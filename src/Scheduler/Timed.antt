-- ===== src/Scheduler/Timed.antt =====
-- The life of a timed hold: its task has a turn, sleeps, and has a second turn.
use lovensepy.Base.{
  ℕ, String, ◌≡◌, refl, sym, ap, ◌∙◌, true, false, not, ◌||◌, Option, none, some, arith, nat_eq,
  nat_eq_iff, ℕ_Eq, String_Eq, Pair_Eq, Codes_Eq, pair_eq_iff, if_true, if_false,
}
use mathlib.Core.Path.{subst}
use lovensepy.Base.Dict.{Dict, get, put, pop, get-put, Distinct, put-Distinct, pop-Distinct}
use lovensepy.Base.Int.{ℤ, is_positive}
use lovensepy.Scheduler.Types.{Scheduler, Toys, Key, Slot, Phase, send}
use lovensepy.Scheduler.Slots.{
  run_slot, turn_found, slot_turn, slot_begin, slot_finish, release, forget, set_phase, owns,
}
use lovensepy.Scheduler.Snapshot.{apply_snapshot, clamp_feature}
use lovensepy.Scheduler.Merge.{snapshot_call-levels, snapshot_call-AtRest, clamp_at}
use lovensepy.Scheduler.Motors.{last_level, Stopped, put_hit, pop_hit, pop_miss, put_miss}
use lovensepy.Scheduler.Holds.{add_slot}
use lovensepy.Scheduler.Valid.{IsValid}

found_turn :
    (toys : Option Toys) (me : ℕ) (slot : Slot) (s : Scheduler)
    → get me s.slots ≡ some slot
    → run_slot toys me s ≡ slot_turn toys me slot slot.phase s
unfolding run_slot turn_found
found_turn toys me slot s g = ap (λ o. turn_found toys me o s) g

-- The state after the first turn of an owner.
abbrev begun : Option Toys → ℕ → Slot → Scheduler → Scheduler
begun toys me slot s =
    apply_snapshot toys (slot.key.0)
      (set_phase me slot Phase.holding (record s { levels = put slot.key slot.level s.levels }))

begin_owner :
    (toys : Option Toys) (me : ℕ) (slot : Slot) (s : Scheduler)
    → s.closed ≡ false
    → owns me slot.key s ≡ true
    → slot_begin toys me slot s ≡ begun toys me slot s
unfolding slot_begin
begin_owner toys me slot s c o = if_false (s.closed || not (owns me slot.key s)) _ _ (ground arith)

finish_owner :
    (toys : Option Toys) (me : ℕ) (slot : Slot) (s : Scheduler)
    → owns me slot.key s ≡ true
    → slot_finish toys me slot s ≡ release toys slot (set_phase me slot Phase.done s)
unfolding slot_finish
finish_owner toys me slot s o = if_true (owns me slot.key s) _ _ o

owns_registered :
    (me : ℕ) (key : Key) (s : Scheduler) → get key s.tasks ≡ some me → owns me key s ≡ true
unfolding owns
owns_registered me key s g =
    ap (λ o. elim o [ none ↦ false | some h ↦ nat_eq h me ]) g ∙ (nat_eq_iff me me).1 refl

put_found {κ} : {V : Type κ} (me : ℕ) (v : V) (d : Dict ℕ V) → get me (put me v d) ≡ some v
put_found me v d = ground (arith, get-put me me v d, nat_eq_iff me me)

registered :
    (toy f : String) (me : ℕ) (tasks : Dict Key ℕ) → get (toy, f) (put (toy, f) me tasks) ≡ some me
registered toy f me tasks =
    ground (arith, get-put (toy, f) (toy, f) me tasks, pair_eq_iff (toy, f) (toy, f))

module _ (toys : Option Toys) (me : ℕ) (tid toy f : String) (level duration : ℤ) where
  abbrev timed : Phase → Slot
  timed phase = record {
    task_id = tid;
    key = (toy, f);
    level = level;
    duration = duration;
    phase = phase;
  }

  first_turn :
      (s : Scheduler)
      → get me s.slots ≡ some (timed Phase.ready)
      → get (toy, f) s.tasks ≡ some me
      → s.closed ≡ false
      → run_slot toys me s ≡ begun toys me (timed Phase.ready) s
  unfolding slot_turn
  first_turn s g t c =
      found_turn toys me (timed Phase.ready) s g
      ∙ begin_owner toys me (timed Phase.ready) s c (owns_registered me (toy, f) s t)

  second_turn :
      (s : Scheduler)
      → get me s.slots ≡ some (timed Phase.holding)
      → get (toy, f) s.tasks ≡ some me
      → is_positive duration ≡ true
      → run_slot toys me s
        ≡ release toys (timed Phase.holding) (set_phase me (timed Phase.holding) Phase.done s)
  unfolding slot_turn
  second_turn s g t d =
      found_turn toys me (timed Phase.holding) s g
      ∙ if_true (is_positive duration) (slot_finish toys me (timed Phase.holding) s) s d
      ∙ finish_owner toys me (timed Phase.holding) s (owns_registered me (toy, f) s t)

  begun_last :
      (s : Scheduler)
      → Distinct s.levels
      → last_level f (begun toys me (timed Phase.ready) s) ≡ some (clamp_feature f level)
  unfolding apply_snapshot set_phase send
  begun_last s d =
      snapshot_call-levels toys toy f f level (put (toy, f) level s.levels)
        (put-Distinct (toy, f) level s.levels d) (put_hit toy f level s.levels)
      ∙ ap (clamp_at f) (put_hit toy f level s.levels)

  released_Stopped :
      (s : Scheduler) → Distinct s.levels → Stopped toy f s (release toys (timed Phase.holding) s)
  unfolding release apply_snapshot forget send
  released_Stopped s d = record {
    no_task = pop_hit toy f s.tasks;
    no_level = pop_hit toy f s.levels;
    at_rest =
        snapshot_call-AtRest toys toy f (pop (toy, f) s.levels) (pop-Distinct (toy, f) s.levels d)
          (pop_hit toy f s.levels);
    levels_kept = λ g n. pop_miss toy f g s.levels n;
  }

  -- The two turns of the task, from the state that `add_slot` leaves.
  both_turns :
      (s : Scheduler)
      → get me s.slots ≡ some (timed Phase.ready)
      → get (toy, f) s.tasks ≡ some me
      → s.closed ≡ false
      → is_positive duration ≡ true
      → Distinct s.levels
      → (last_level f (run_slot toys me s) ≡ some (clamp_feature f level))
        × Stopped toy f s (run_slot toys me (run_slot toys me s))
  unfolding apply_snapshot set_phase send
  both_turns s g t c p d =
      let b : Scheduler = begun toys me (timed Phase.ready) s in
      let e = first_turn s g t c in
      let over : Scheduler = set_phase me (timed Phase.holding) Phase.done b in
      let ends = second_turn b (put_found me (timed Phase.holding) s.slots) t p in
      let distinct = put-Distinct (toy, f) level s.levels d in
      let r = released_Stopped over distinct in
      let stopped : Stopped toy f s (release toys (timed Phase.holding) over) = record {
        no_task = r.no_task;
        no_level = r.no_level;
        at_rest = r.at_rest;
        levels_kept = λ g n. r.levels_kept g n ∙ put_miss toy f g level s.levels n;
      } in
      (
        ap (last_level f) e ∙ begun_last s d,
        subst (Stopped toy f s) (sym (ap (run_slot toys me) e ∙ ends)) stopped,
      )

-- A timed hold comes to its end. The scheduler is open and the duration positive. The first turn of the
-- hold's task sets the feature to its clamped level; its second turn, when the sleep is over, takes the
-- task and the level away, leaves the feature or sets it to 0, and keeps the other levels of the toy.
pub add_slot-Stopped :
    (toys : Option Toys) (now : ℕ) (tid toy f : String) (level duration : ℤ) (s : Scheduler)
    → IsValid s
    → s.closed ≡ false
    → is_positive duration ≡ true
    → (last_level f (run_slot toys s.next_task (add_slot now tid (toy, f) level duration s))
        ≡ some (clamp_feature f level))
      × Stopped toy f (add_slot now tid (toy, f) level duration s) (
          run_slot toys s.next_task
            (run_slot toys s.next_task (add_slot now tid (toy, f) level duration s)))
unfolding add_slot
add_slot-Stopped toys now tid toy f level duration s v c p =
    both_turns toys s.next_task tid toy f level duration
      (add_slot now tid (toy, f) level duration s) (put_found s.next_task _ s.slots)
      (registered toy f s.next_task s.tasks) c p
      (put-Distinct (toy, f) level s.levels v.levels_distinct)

Required action: In the entries above, identify each line that includes the string "forget", then copy it.

Response to the task:
  run_slot, turn_found, slot_turn, slot_begin, slot_finish, release, forget, set_phase, owns,
  unfolding release apply_snapshot forget send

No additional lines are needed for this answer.